> _PROBLEM DESCRIPTION_:
In the data below, find the line that contains "pub id : Text" and the line that contains "-- d.get(k) or". Copy both, plus every line between them, exactly.

--- DATA FOR THIS EXERCISE Enclosed Below ---

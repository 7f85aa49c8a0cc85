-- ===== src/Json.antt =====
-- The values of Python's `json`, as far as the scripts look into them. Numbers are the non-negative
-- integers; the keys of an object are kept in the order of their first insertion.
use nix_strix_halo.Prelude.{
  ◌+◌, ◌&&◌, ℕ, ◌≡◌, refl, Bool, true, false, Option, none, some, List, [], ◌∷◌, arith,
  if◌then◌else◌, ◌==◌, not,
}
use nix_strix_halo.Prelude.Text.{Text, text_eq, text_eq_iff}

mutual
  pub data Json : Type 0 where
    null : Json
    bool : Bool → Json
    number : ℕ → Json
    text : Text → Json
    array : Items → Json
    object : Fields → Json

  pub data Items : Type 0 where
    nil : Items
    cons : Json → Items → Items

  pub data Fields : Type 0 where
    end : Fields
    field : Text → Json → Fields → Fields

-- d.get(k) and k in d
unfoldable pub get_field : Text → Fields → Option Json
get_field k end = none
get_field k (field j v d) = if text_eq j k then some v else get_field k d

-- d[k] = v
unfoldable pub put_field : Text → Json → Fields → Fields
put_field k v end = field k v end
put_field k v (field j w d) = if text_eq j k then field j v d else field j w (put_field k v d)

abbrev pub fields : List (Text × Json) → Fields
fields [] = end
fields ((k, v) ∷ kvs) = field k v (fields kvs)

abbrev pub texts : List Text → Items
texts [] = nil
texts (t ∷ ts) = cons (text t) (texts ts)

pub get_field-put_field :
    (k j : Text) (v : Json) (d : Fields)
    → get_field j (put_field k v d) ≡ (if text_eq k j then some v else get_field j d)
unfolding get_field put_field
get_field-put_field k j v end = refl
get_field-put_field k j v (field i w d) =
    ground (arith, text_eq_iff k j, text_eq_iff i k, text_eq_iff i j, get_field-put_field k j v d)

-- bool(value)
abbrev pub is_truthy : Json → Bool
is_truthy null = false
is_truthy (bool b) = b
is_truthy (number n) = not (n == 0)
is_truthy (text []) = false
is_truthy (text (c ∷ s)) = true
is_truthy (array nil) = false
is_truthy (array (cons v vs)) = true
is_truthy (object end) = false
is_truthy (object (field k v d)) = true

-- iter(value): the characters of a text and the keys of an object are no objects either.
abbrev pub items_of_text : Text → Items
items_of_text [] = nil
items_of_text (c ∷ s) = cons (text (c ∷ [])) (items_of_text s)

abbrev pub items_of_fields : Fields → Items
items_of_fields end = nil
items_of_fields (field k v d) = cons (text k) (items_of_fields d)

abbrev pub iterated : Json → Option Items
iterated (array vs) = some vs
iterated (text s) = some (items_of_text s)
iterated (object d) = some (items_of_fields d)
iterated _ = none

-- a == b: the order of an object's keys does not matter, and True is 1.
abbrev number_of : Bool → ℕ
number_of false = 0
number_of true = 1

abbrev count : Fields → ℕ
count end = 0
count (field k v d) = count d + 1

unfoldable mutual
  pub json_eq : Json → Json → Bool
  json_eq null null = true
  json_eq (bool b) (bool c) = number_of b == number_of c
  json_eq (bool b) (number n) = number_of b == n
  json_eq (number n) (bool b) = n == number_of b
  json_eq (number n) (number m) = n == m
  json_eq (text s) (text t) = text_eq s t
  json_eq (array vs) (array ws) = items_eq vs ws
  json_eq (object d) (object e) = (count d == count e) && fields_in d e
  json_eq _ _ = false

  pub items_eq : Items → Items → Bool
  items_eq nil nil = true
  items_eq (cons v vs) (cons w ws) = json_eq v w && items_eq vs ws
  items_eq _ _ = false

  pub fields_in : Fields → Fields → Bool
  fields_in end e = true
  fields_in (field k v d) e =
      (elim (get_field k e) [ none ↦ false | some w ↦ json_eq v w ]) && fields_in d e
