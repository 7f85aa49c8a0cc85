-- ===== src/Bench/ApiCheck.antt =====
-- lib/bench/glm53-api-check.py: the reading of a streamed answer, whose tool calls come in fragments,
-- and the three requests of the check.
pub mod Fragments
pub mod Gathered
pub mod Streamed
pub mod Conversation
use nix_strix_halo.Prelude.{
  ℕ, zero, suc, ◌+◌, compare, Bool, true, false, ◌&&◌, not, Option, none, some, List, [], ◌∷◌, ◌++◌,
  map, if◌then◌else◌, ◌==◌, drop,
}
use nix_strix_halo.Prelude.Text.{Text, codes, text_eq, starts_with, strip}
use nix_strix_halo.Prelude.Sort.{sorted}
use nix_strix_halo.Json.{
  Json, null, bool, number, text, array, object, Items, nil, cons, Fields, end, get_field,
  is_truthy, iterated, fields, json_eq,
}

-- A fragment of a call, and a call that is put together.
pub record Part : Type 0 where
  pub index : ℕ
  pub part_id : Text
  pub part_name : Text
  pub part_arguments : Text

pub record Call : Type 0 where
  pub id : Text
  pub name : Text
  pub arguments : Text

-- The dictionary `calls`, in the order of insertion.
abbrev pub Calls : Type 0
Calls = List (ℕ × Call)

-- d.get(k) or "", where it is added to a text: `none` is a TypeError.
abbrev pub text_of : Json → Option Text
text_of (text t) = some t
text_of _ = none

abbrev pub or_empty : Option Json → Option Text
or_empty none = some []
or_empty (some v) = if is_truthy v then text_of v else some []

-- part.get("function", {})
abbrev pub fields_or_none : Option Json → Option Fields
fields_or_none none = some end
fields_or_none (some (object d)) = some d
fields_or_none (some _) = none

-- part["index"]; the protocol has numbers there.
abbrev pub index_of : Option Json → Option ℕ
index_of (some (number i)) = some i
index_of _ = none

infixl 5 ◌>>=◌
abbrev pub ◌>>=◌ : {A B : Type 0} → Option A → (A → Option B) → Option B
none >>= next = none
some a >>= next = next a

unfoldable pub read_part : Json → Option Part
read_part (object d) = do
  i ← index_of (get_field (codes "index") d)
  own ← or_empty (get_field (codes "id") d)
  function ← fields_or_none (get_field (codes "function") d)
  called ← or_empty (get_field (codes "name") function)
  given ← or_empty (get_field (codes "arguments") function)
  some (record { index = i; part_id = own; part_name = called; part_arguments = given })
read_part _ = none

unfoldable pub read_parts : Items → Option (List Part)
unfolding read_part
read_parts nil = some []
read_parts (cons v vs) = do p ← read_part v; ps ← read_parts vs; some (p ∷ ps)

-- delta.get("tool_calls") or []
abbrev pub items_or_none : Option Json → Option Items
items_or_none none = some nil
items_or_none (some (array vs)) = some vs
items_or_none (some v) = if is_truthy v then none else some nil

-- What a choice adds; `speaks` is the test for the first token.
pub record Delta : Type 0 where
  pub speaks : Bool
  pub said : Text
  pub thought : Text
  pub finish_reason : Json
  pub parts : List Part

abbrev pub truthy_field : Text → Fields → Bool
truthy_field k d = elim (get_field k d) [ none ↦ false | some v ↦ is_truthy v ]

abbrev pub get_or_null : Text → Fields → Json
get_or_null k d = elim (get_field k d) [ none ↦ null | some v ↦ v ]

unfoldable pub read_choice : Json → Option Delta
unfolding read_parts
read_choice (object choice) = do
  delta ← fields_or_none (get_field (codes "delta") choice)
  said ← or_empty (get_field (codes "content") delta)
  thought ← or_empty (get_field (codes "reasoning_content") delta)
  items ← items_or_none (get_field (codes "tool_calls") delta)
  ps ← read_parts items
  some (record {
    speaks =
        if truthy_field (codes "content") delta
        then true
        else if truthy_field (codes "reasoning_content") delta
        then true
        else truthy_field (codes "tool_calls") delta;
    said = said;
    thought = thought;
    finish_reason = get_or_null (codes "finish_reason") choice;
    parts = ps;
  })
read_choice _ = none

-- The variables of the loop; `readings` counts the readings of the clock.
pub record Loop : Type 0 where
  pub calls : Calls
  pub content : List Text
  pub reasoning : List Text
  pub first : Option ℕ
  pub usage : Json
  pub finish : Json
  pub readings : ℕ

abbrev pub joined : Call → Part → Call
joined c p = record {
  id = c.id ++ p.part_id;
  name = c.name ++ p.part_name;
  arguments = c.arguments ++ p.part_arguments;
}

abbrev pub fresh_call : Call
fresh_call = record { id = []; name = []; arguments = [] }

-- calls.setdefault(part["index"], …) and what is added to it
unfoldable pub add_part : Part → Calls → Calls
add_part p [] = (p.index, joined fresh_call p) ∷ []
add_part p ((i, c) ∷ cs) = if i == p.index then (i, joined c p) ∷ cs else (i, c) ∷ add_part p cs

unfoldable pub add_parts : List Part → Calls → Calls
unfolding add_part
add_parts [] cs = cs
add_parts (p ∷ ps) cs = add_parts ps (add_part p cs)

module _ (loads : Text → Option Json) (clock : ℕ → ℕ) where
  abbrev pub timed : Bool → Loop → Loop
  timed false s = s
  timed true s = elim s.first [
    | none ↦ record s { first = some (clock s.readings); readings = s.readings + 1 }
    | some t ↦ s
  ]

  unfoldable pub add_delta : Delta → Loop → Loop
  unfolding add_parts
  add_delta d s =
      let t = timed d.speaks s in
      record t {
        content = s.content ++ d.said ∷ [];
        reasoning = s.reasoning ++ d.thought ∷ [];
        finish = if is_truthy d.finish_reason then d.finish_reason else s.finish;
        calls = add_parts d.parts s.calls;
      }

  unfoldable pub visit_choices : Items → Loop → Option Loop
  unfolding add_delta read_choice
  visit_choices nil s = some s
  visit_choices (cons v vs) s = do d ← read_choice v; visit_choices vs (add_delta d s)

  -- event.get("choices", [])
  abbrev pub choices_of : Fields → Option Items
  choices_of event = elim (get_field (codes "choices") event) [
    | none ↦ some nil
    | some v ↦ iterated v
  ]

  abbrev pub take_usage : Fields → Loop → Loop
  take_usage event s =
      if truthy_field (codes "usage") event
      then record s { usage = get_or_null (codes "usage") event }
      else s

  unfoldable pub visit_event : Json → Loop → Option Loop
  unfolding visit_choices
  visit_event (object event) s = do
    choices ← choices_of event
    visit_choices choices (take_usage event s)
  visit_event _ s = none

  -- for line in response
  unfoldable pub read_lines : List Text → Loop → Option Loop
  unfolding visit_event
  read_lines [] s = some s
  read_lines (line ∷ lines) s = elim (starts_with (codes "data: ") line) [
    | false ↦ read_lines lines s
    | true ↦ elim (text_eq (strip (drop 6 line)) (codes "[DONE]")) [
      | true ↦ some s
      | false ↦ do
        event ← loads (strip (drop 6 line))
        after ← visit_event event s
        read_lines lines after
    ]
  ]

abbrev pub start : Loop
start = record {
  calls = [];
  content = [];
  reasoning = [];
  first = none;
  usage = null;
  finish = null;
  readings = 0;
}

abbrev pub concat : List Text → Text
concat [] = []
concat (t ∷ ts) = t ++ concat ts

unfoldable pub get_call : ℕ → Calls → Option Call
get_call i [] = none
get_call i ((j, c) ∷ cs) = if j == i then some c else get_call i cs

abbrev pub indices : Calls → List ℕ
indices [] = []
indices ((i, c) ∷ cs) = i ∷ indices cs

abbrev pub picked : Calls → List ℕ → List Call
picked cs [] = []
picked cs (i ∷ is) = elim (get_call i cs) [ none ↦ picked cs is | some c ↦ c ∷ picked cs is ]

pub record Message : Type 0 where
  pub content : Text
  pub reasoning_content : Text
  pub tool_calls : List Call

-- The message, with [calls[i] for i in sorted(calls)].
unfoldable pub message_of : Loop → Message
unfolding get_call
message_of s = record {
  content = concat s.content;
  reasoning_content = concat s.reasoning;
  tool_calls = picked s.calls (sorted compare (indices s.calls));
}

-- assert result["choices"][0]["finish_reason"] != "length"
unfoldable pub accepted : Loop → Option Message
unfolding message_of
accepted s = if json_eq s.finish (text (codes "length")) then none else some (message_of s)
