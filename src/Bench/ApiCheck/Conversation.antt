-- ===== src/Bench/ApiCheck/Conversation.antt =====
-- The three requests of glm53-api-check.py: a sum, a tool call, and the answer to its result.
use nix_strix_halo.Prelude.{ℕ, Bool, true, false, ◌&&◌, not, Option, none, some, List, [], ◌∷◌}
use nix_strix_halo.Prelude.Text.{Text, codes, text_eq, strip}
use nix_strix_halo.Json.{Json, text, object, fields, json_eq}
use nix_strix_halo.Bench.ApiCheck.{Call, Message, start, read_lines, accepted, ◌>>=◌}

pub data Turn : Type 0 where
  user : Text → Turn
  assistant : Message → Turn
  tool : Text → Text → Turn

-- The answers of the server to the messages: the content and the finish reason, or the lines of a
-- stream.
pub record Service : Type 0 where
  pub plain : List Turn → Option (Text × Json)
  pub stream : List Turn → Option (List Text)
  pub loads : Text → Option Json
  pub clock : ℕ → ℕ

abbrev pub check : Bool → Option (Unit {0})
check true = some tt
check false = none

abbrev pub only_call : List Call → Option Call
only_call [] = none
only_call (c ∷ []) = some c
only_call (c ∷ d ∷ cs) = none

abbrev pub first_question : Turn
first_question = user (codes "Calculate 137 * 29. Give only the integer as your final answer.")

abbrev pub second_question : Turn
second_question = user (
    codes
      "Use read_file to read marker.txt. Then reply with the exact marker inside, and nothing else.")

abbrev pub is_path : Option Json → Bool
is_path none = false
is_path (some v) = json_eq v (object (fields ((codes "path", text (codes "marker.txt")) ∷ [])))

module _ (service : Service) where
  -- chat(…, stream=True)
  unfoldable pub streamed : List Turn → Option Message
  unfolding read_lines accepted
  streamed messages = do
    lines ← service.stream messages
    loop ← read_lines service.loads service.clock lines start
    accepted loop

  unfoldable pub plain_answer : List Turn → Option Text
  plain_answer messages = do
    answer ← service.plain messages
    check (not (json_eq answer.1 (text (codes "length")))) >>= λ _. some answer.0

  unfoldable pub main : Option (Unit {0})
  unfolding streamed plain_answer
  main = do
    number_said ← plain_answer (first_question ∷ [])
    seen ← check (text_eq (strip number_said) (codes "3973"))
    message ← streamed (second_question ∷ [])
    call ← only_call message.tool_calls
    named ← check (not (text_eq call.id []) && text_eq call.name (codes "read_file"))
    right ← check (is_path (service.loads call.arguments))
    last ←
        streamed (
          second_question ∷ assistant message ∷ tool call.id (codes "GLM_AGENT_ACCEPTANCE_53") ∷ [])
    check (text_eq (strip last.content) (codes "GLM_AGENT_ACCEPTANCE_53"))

--- End of Enclosed DATA FOR THIS EXERCISE ---

> _THE COMPLETED TASK_:
  pub id : Text
  pub name : Text
  pub arguments : Text

-- The dictionary `calls`, in the order of insertion.
abbrev pub Calls : Type 0
Calls = List (ℕ × Call)

-- d.get(k) or "", where it is added to a text: `none` is a TypeError.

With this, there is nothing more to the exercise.